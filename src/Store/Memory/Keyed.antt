-- ===== src/Store/Memory/Keyed.antt =====
-- The key of a row in internal/store/memory/commitment_repo.go is the text of its identifier, so
-- every row that a query returns can be found again by its identifier.
use nous.Prelude.{
  ◌≡◌, Bool, true, false, ◌&&◌, none, some, String, List, [], ◌∷◌, arith, str_eq, eq_iff, All,
  All-map, All-both, All-take, length, Bool-cases, inl, inr,
}
use nous.Prelude.Int.{ℤ, pos, pos_part, ltb_ℤ}
use nous.Prelude.Float.{Float64}
use nous.Domain.Errors.{Uuid}
use nous.Domain.Commitment.{Commitment, validate, is_active}
use nous.Store.Table.{Table, lookup, insert, values, lookup-insert}
use nous.Store.Arrange.{Arrange, All-arrange}
use nous.Store.Memory.{State}
use nous.Store.Memory.Query.{limit_to, accepted}
use nous.Store.Memory.Commitments.{find_active, scans_before}
use nous.Store.Memory.Laws.{AllValid}
use nous.Store.Memory.Scan.{All-keep}

module _ {F : Type 0} (string_of : Uuid → String) where
  -- Every row stands under its own identifier.
  abbrev pub IsKeyed : Table (Commitment F) → Type 0
  IsKeyed m = All (λ (e : String × Commitment F). e.0 ≡ string_of e.1.id) m

  pub IsKeyed-insert :
      (k : String) (c : Commitment F) (m : Table (Commitment F))
      → k ≡ string_of c.id
      → IsKeyed m
      → IsKeyed (insert k c m)
  unfolding insert
  IsKeyed-insert k c [] e h = (e, tt)
  IsKeyed-insert k c ((j, d) ∷ m) e h = elim (Bool-cases (str_eq j k)) [
    | inl t ↦ rw t (e, h.1)
    | inr t ↦ rw t (h.0, IsKeyed-insert k c m e h.1)
  ]

  -- A row found under a key has it for its identifier.
  pub IsKeyed-lookup :
      (k : String) (m : Table (Commitment F)) (c : Commitment F)
      → IsKeyed m
      → lookup k m ≡ some c
      → k ≡ string_of c.id
  unfolding lookup
  IsKeyed-lookup k [] c h e = absurd (cc e)
  IsKeyed-lookup k ((j, d) ∷ m) c h e = elim (Bool-cases (str_eq j k)) [
    | inl t ↦ ground (arith, eq_iff j k, h.0)
    | inr t ↦ IsKeyed-lookup k m c h.1 (rw t at e)
  ]

  abbrev pub has : String → Table (Commitment F) → Bool
  has k m = elim (lookup k m) [ none ↦ false | some c ↦ true ]

  has_more :
      (k j : String) (d : Commitment F) (m : Table (Commitment F))
      → has k m ≡ true
      → has k ((j, d) ∷ m) ≡ true
  unfolding lookup
  has_more k j d m h = ground arith

  has_first :
      (j : String) (d : Commitment F) (m : Table (Commitment F))
      → j ≡ string_of d.id
      → has (string_of d.id) ((j, d) ∷ m) ≡ true
  unfolding lookup
  has_first j d m e = ground (arith, eq_iff j (string_of d.id))

  pub IsKeyed-has :
      (m : Table (Commitment F))
      → IsKeyed m
      → All (λ (c : Commitment F). has (string_of c.id) m ≡ true) (values m)
  unfolding values
  IsKeyed-has [] h = tt
  IsKeyed-has ((j, d) ∷ m) h = (
    has_first j d m h.0,
    All-map (values m) (λ c. has_more (string_of c.id) j d m) (IsKeyed-has m h.1),
  )

  pub has-insert :
      (k j : String) (c : Commitment F) (m : Table (Commitment F))
      → has k m ≡ true
      → has k (insert j c m) ≡ true
  has-insert k j c m h = ground (arith, lookup-insert j k c m)

All-prefix :
    {A : Type 0} (P : A → Type 0) (limit : ℤ) (xs : List A) → All P xs → All P (limit_to limit xs)
unfolding limit_to
All-prefix P limit xs h = elim (Bool-cases (ltb_ℤ (pos 0) limit && ltb_ℤ limit (pos (length xs)))) [
  | inl e ↦ rw e (All-take P (pos_part limit) xs h)
  | inr e ↦ rw e h
]

module _ {F : Type 0} ⦃fl : Float64 F⦄ (string_of : Uuid → String)
    (rows : Arrange (Commitment F)) where
  -- What the scan returns is valid and can be found again.
  pub find_active-has :
      (s : State F) (limit : ℤ)
      → AllValid string_of s
      → IsKeyed string_of s.commitments
      → All
          (λ (c : Commitment F).
            (accepted (validate c) && has string_of (string_of c.id) s.commitments) ≡ true)
          (find_active rows s limit)
  unfolding find_active
  find_active-has s limit v h =
      let good = λ (c : Commitment F).
        accepted (validate c) && has string_of (string_of c.id) s.commitments in
      let row_good =
        All-map {Q = λ c. good c ≡ true} (values s.commitments) (λ c e. ground (arith, e.0, e.1))
          (All-both (λ (c : Commitment F). validate c ≡ none)
            (λ (c : Commitment F). has string_of (string_of c.id) s.commitments ≡ true)
            (values s.commitments) v (IsKeyed-has string_of s.commitments h)) in
      All-prefix (λ c. good c ≡ true) limit _
        (All-arrange good rows scans_before _ (
          All-keep (λ c. good c ≡ true) (λ (c : Commitment F). is_active c.status)
            (values s.commitments) row_good))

- - -

● **What is being asked**
Every record in the listing above should be reproduced exactly.

● **Response area**
filename src/Store/Memory/Keyed.antt
-- ===== src/Store/Memory/Keyed.antt =====
-- The key of a row in internal/store/memory/commitment_repo.go is the text of its identifier, so
-- every row that a query returns can be found again by its identifier.
use nous.Prelude.{
  ◌≡◌, Bool, true, false, ◌&&◌, none, some, String, List, [], ◌∷◌, arith, str_eq, eq_iff, All,
  All-map, All-both, All-take, length, Bool-cases, inl, inr,
}
use nous.Prelude.Int.{ℤ, pos, pos_part, ltb_ℤ}
use nous.Prelude.Float.{Float64}
use nous.Domain.Errors.{Uuid}
use nous.Domain.Commitment.{Commitment, validate, is_active}
use nous.Store.Table.{Table, lookup, insert, values, lookup-insert}
use nous.Store.Arrange.{Arrange, All-arrange}
use nous.Store.Memory.{State}
use nous.Store.Memory.Query.{limit_to, accepted}
use nous.Store.Memory.Commitments.{find_active, scans_before}
use nous.Store.Memory.Laws.{AllValid}
use nous.Store.Memory.Scan.{All-keep}

module _ {F : Type 0} (string_of : Uuid → String) where
  -- Every row stands under its own identifier.
  abbrev pub IsKeyed : Table (Commitment F) → Type 0
  IsKeyed m = All (λ (e : String × Commitment F). e.0 ≡ string_of e.1.id) m

  pub IsKeyed-insert :
      (k : String) (c : Commitment F) (m : Table (Commitment F))
      → k ≡ string_of c.id
      → IsKeyed m
      → IsKeyed (insert k c m)
  unfolding insert
  IsKeyed-insert k c [] e h = (e, tt)
  IsKeyed-insert k c ((j, d) ∷ m) e h = elim (Bool-cases (str_eq j k)) [
    | inl t ↦ rw t (e, h.1)
    | inr t ↦ rw t (h.0, IsKeyed-insert k c m e h.1)
  ]

  -- A row found under a key has it for its identifier.
  pub IsKeyed-lookup :
      (k : String) (m : Table (Commitment F)) (c : Commitment F)
      → IsKeyed m
      → lookup k m ≡ some c
      → k ≡ string_of c.id
  unfolding lookup
  IsKeyed-lookup k [] c h e = absurd (cc e)
  IsKeyed-lookup k ((j, d) ∷ m) c h e = elim (Bool-cases (str_eq j k)) [
    | inl t ↦ ground (arith, eq_iff j k, h.0)
    | inr t ↦ IsKeyed-lookup k m c h.1 (rw t at e)
  ]

  abbrev pub has : String → Table (Commitment F) → Bool
  has k m = elim (lookup k m) [ none ↦ false | some c ↦ true ]

  has_more :
      (k j : String) (d : Commitment F) (m : Table (Commitment F))
      → has k m ≡ true
      → has k ((j, d) ∷ m) ≡ true
  unfolding lookup
  has_more k j d m h = ground arith

  has_first :
      (j : String) (d : Commitment F) (m : Table (Commitment F))
      → j ≡ string_of d.id
      → has (string_of d.id) ((j, d) ∷ m) ≡ true
  unfolding lookup
  has_first j d m e = ground (arith, eq_iff j (string_of d.id))

  pub IsKeyed-has :
      (m : Table (Commitment F))
      → IsKeyed m
      → All (λ (c : Commitment F). has (string_of c.id) m ≡ true) (values m)
  unfolding values
  IsKeyed-has [] h = tt
  IsKeyed-has ((j, d) ∷ m) h = (
    has_first j d m h.0,
    All-map (values m) (λ c. has_more (string_of c.id) j d m) (IsKeyed-has m h.1),
  )

  pub has-insert :
      (k j : String) (c : Commitment F) (m : Table (Commitment F))
      → has k m ≡ true
      → has k (insert j c m) ≡ true
  has-insert k j c m h = ground (arith, lookup-insert j k c m)

All-prefix :
    {A : Type 0} (P : A → Type 0) (limit : ℤ) (xs : List A) → All P xs → All P (limit_to limit xs)
unfolding limit_to
All-prefix P limit xs h = elim (Bool-cases (ltb_ℤ (pos 0) limit && ltb_ℤ limit (pos (length xs)))) [
  | inl e ↦ rw e (All-take P (pos_part limit) xs h)
  | inr e ↦ rw e h
]

module _ {F : Type 0} ⦃fl : Float64 F⦄ (string_of : Uuid → String)
    (rows : Arrange (Commitment F)) where
  -- What the scan returns is valid and can be found again.
  pub find_active-has :
      (s : State F) (limit : ℤ)
      → AllValid string_of s
      → IsKeyed string_of s.commitments
      → All
          (λ (c : Commitment F).
            (accepted (validate c) && has string_of (string_of c.id) s.commitments) ≡ true)
          (find_active rows s limit)
  unfolding find_active
  find_active-has s limit v h =
      let good = λ (c : Commitment F).
        accepted (validate c) && has string_of (string_of c.id) s.commitments in
      let row_good =
        All-map {Q = λ c. good c ≡ true} (values s.commitments) (λ c e. ground (arith, e.0, e.1))
          (All-both (λ (c : Commitment F). validate c ≡ none)
            (λ (c : Commitment F). has string_of (string_of c.id) s.commitments ≡ true)
            (values s.commitments) v (IsKeyed-has string_of s.commitments h)) in
      All-prefix (λ c. good c ≡ true) limit _
        (All-arrange good rows scans_before _ (
          All-keep (λ c. good c ≡ true) (λ (c : Commitment F). is_active c.status)
            (values s.commitments) row_good))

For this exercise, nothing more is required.